__Exercise goal__:
Gather every line of the entries that includes the word "accepts".

━━━━━━━━

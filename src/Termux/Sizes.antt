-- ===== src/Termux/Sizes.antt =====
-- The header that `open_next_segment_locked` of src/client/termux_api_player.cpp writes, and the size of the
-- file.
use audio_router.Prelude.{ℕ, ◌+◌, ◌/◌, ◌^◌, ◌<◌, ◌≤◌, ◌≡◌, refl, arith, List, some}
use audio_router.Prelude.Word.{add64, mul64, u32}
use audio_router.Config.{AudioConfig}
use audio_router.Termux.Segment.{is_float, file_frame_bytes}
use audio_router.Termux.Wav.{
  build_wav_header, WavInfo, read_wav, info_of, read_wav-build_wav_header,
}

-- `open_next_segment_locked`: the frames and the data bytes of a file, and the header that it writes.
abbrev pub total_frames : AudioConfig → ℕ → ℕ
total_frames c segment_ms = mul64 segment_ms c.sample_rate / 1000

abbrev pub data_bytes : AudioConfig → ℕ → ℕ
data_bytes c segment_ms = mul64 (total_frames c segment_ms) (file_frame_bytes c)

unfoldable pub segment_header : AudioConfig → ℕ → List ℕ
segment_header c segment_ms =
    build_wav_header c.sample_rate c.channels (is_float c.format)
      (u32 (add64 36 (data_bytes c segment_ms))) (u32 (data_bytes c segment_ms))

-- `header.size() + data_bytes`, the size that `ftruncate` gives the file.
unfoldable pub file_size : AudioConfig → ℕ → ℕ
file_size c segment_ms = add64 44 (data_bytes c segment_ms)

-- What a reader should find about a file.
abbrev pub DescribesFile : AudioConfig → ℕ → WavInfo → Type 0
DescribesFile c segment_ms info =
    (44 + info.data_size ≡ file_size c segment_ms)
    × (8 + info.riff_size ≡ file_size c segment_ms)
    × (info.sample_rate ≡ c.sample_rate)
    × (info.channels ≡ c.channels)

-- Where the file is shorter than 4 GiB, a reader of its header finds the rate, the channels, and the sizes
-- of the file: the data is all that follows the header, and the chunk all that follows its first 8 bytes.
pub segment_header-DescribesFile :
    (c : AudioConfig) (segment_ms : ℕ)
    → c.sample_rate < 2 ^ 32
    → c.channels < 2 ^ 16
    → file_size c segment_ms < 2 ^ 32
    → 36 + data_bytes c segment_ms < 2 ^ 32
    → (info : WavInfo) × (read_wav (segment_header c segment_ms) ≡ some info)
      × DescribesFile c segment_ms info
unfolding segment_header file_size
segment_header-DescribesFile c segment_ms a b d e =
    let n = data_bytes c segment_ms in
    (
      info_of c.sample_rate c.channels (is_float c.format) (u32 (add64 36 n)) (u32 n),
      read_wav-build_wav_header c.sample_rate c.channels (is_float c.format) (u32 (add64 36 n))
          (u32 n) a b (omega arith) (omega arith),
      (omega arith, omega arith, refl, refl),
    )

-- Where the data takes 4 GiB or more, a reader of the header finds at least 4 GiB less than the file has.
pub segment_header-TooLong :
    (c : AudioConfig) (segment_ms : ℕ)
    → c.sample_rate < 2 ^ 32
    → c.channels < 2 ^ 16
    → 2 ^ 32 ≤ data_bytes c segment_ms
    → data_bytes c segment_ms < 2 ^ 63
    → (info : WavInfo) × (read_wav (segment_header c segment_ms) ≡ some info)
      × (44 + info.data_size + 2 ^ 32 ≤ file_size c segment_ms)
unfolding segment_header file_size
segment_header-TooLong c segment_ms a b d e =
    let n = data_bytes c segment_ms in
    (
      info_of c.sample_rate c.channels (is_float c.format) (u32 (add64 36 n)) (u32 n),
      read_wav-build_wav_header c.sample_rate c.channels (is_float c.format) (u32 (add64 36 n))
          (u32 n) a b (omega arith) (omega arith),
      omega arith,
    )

━━━━━━━━

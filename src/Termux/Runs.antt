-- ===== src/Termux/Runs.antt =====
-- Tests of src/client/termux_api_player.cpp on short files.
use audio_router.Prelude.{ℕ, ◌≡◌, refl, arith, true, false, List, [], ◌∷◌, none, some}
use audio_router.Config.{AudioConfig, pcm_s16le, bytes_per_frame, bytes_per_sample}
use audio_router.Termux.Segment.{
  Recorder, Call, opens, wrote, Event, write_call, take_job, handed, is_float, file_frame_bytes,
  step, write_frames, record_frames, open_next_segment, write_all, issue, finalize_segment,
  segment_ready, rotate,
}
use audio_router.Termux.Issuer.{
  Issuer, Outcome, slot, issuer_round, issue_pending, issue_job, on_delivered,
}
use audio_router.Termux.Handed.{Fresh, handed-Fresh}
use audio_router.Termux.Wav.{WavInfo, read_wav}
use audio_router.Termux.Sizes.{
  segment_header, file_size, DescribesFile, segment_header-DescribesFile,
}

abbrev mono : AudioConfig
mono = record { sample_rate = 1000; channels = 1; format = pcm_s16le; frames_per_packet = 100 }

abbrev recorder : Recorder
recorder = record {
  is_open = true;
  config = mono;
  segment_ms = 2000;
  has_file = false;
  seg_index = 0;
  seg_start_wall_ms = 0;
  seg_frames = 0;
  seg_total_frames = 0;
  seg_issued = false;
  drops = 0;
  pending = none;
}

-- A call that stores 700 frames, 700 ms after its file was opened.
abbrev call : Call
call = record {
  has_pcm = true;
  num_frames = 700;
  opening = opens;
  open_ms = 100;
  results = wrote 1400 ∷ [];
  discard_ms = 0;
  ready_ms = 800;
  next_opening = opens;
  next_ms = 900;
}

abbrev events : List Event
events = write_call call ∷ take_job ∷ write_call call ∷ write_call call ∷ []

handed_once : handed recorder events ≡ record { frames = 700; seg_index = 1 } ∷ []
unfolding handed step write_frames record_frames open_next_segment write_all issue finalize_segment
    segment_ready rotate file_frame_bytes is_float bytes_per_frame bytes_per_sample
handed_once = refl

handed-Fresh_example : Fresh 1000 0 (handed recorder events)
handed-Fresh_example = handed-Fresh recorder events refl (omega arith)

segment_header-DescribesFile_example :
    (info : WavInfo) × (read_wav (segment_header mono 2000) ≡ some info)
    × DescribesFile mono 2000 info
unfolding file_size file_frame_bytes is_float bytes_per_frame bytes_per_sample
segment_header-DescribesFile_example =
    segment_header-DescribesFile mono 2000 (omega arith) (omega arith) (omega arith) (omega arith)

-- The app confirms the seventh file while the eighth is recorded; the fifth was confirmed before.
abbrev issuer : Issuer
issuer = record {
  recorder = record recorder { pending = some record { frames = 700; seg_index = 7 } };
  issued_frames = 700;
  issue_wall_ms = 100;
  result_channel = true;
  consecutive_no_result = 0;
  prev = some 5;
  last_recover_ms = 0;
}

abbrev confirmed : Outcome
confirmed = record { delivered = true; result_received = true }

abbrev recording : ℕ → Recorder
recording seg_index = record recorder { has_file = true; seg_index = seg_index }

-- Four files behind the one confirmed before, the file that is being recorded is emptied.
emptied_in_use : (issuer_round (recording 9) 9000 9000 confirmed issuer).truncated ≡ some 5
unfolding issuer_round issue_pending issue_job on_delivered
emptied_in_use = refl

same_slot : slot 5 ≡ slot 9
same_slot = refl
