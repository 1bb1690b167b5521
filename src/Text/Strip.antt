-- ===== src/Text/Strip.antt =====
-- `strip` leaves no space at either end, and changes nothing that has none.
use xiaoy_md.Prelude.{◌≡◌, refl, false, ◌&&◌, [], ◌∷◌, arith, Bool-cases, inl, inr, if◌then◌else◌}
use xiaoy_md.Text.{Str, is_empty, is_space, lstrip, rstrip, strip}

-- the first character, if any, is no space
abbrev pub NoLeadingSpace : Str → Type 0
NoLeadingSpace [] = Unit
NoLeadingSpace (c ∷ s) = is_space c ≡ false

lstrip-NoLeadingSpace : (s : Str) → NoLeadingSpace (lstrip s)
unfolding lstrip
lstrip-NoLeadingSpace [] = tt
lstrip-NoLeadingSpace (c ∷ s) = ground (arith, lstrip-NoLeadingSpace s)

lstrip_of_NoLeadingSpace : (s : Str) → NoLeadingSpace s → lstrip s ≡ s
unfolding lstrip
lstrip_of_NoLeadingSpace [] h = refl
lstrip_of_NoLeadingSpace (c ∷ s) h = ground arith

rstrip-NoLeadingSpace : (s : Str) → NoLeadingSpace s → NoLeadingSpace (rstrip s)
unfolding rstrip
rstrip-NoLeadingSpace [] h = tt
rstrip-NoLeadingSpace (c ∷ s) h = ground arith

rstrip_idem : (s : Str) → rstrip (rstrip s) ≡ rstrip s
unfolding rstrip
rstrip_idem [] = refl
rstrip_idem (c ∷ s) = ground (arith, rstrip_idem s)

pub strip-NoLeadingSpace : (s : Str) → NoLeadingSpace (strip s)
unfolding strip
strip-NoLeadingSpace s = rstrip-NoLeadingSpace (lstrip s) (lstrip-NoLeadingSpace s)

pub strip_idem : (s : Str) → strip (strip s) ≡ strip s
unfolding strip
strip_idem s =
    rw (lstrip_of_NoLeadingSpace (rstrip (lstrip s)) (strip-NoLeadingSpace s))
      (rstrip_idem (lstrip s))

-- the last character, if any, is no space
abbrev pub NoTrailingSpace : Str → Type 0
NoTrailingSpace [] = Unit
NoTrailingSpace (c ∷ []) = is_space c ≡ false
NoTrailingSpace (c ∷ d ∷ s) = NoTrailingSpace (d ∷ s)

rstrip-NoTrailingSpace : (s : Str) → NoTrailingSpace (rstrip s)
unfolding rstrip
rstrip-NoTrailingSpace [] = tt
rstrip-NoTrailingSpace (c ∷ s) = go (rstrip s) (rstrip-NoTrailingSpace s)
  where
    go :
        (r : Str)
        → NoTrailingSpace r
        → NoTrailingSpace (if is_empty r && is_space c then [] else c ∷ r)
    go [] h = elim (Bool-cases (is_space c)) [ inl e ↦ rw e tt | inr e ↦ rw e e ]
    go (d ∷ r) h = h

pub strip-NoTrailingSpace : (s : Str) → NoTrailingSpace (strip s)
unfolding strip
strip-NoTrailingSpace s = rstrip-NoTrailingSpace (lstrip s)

━━━━━━━━

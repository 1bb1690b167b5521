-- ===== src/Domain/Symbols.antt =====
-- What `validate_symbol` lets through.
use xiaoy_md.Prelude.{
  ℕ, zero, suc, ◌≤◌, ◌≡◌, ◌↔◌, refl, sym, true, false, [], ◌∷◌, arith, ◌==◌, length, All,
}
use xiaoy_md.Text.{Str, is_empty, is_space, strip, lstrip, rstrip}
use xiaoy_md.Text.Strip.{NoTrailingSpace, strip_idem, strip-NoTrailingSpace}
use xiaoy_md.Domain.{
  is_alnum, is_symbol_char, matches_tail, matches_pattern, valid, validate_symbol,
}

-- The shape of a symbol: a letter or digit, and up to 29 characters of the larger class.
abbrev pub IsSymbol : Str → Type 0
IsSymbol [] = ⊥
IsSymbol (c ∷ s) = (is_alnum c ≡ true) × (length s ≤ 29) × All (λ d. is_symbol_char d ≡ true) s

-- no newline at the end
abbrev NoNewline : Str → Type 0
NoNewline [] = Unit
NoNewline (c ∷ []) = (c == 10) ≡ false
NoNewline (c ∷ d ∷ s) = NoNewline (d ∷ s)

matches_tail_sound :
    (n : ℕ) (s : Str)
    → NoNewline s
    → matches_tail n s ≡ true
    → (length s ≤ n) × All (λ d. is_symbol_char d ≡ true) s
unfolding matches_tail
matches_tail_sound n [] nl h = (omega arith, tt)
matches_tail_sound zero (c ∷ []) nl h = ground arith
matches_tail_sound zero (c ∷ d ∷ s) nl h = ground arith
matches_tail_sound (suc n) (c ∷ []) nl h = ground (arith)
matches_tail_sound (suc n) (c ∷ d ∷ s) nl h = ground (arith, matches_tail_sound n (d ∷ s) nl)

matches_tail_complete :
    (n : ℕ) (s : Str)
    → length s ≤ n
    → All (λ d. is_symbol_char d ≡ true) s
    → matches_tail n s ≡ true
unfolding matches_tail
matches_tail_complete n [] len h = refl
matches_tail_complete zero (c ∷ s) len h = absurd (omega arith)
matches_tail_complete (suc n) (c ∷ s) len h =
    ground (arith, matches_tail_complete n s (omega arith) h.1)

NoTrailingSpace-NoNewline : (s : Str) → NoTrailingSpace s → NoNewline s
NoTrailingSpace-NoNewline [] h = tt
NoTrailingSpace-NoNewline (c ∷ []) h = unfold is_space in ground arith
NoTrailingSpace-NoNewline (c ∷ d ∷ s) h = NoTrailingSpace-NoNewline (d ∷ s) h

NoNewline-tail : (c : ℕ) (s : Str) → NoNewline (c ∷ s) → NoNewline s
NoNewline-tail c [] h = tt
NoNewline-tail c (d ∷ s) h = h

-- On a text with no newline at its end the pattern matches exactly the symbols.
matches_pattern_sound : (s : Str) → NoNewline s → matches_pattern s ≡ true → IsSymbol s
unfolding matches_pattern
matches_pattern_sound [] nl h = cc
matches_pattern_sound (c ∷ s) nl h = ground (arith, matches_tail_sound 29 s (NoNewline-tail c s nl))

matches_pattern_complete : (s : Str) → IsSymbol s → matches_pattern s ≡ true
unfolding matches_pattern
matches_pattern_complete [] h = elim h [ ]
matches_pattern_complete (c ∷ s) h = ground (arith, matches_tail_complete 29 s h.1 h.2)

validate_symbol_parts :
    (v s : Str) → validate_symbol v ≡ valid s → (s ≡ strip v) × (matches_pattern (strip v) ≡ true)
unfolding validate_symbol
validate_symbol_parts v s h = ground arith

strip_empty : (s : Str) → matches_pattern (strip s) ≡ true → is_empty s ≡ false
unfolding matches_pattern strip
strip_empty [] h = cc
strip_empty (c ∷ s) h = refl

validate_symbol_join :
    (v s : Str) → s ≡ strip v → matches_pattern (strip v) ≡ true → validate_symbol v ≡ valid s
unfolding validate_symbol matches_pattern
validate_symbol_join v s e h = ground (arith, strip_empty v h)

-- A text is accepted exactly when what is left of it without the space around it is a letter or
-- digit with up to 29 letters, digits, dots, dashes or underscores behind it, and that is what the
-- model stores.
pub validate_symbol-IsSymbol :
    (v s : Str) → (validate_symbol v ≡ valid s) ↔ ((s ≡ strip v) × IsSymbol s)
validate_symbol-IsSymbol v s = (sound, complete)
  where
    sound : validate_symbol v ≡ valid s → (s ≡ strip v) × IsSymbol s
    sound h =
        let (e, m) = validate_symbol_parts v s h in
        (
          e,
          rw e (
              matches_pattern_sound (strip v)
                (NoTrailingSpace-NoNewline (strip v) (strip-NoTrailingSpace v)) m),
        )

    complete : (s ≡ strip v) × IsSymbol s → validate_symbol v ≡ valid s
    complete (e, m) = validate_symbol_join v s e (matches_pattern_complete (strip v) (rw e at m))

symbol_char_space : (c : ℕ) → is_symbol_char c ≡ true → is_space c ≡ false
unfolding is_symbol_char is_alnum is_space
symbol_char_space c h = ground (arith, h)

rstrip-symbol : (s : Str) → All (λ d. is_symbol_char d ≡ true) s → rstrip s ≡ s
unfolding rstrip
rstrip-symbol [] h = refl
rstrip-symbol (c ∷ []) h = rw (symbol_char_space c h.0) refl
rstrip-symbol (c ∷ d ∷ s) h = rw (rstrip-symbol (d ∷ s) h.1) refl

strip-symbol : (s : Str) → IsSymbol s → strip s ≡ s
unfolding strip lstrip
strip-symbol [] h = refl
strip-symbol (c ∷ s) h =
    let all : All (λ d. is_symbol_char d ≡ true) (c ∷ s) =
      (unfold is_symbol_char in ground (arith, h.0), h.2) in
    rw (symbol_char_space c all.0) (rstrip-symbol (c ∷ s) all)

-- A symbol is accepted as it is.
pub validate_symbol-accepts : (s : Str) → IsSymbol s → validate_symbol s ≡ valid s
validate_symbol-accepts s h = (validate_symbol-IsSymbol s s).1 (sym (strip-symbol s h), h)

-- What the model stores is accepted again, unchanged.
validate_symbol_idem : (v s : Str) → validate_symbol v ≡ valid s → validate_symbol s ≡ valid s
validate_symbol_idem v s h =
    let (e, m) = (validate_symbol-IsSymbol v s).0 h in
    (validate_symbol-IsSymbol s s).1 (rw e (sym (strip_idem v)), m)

━━━━━━━━

__Result of the exercise__:
pub validate_symbol-accepts : (s : Str) → IsSymbol s → validate_symbol s ≡ valid s
validate_symbol-accepts s h = (validate_symbol-IsSymbol s s).1 (sym (strip-symbol s h), h)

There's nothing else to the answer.